The Board of Directors of Valero Energy Corporation (NYSE:VLO) has approved an increase in the company’s regular quarterly cash dividend on common stock from $0.06 per share to $0.08 per share, effective with the quarterly dividend the Board has declared to be payable on June 14, 2006 to holders of record at the close of business on May 17, 2006. The increase in the dividend brings the annualized dividend rate on the company's common stock to $0.32 per common share.
“This dividend increase represents a 33 percent increase in our dividend and reflects our confidence in the longer-term earnings outlook for Valero,” said Bill Klesse, Valero’s Chief Executive Officer. “We continue to experience outstanding refining margins and sour crude discounts throughout our system. Given the positive industry fundamentals, we began 2006 with an outstanding first quarter and we expect that 2006 earnings will be a record. Going forward, we firmly believe that Valero is well positioned to continue to provide exceptional returns for our investors.”

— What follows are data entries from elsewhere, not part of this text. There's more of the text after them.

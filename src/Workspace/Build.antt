-- ===== src/Workspace/Build.antt =====
-- src/workspace.rs, `build_order`: the search for a cycle that names it, and then the order.
use jrs.Prelude.{
  ℕ, zero, suc, Text, codes, ◌==◌, nat_eq, Option, none, some, List, ◌∷◌, [], ◌++◌, map,
  if◌then◌else◌, length, get_or, get_elem?, set, replicate, ◌+◌, join,
}
use jrs.Error.{JrsError, Result, ok, err}
use jrs.Workspace.{Member, modules_of}
use jrs.Workspace.Order.{order_of}
use jrs.Resolve.Classpath.{Classpath}

-- What `visit` gives: the states and the stack, the cycle it met, or that the fuel ran out.
pub data Visit : Type 0 where
  visited : (state stack : List ℕ) → Visit
  cycle : List ℕ → Visit
  out_of_fuel : Visit

-- `stack[at..]`, from the first `i` on.
from_first : ℕ → List ℕ → List ℕ
from_first i [] = []
from_first i (s ∷ stack) = let rest = from_first i stack in if s == i then s ∷ stack else rest

pop : List ℕ → List ℕ
pop [] = []
pop (s ∷ []) = []
pop (s ∷ t ∷ stack) = s ∷ pop (t ∷ stack)

-- What `visit` does behind its modules.
leave : ℕ → Visit → Visit
unfolding pop
leave i (visited state stack) = visited (set state i 2) (pop stack)
leave i (cycle c) = cycle c
leave i out_of_fuel = out_of_fuel

mutual
  pub visit : ℕ → List Member → ℕ → List ℕ → List ℕ → Visit
  visit zero members i state stack = out_of_fuel
  visit (suc f) members i state stack =
      let inside = visit_all f members (modules_of members i) (set state i 1) (stack ++ i ∷ []) in
      if get_or state i 0 == 2
      then visited state stack
      else if get_or state i 0 == 1
      then cycle (from_first i stack ++ i ∷ [])
      else leave i inside

  pub visit_all : ℕ → List Member → List (ℕ × Classpath) → List ℕ → List ℕ → Visit
  visit_all f members [] state stack = visited state stack
  visit_all zero members (m ∷ ms) state stack = out_of_fuel
  visit_all (suc f) members ((up, _) ∷ ms) state stack = elim (visit f members up state stack) [
    | visited state' stack' ↦ visit_all f members ms state' stack'
    | cycle c ↦ cycle c
    | out_of_fuel ↦ out_of_fuel
  ]

-- The loop over the members, each with a stack of its own.
pub visit_each : ℕ → List Member → List ℕ → List ℕ → Visit
visit_each f members [] state = visited state []
visit_each f members (i ∷ rest) state = elim (visit f members i state []) [
  | visited state' stack ↦ visit_each f members rest state'
  | cycle c ↦ cycle c
  | out_of_fuel ↦ out_of_fuel
]

abbrev pub positions_from : ℕ → List Member → List ℕ
positions_from i [] = []
positions_from i (m ∷ ms) = i ∷ positions_from (i + 1) ms

name_of : List Member → ℕ → Text
name_of members i = elim (get_elem? members i) [ none ↦ [] | some m ↦ m.name ]

in_a_cycle : List Member → List ℕ → JrsError
in_a_cycle members c = JrsError.manifest (
    codes "the workspace's members depend on each other in a cycle: "
    ++ join (codes " → ") (map (name_of members) c)
    ++ codes
        "\n\na member's classes are compiled before any member that depends on them, so the members cannot depend on each other both ways")

-- `none` means that the fuel of the search ran out.
unfoldable pub build_order : ℕ → List Member → Option (Result (List ℕ))
unfolding visit visit_all visit_each in_a_cycle name_of from_first leave
build_order f members =
    elim (visit_each f members (positions_from 0 members) (replicate (length members) 0)) [
      | visited state stack ↦ some (ok (order_of members))
      | cycle c ↦ some (err (in_a_cycle members c))
      | out_of_fuel ↦ none
    ]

The Board of Directors of Valero Energy Corporation has also declared a regular quarterly cash dividend on the company’s 2% Mandatory Convertible Preferred Stock of $0.125 per share. The dividend is payable June 30, 2006 to holders of record at the close of business June 29, 2006.
Valero Energy Corporation is a Fortune 500 company based in San Antonio, with approximately 22,000 employees and annual revenue of more than $80 billion. The company owns and operates 18 refineries throughout the United States, Canada and the Caribbean with a combined throughput capacity of approximately 3.3 million barrels per day, making it the largest refiner in North America. Valero is also one of the nation's largest retail operators with approximately 5,000 retail and branded wholesale outlets in the United States, Canada and the Caribbean under various brand names including Valero, Diamond Shamrock, Shamrock, Ultramar, and Beacon. Please visit www.valero.com for more information.
Statements contained in this press release that state the company’s or management’s expectations or predictions of the future are forward-looking statements intended to be covered by the safe harbor provisions of the Securities Act of 1933 and the Securities Exchange Act of 1934. The words “believe,” “expect,” “should,” “estimates,” and other similar expressions identify forward-looking statements. It is important to note that the company’s actual results could differ materially from those projected in its forward-looking statements. For more information concerning factors that could cause actual results to differ from those expressed or forecast, see the company’s annual report on Form 10-K and quarterly reports on Form 10-Q, filed with the Securities and Exchange Commission and available on the company’s website at http://www.valero.com. These factors include potential changes in gasoline, crude oil, distillate and other commodity prices, varying market conditions, actions of government, hostilities in oil producing regions, adverse rulings in litigation and potential delays or other changes in work and repair schedules. The company undertakes no obligation to update or publicly release the result of any revisions to any forward-looking statements that may be made to reflect events or circumstances that occur or which the company becomes aware of after the date of this release, or to reflect the occurrence of unanticipated events.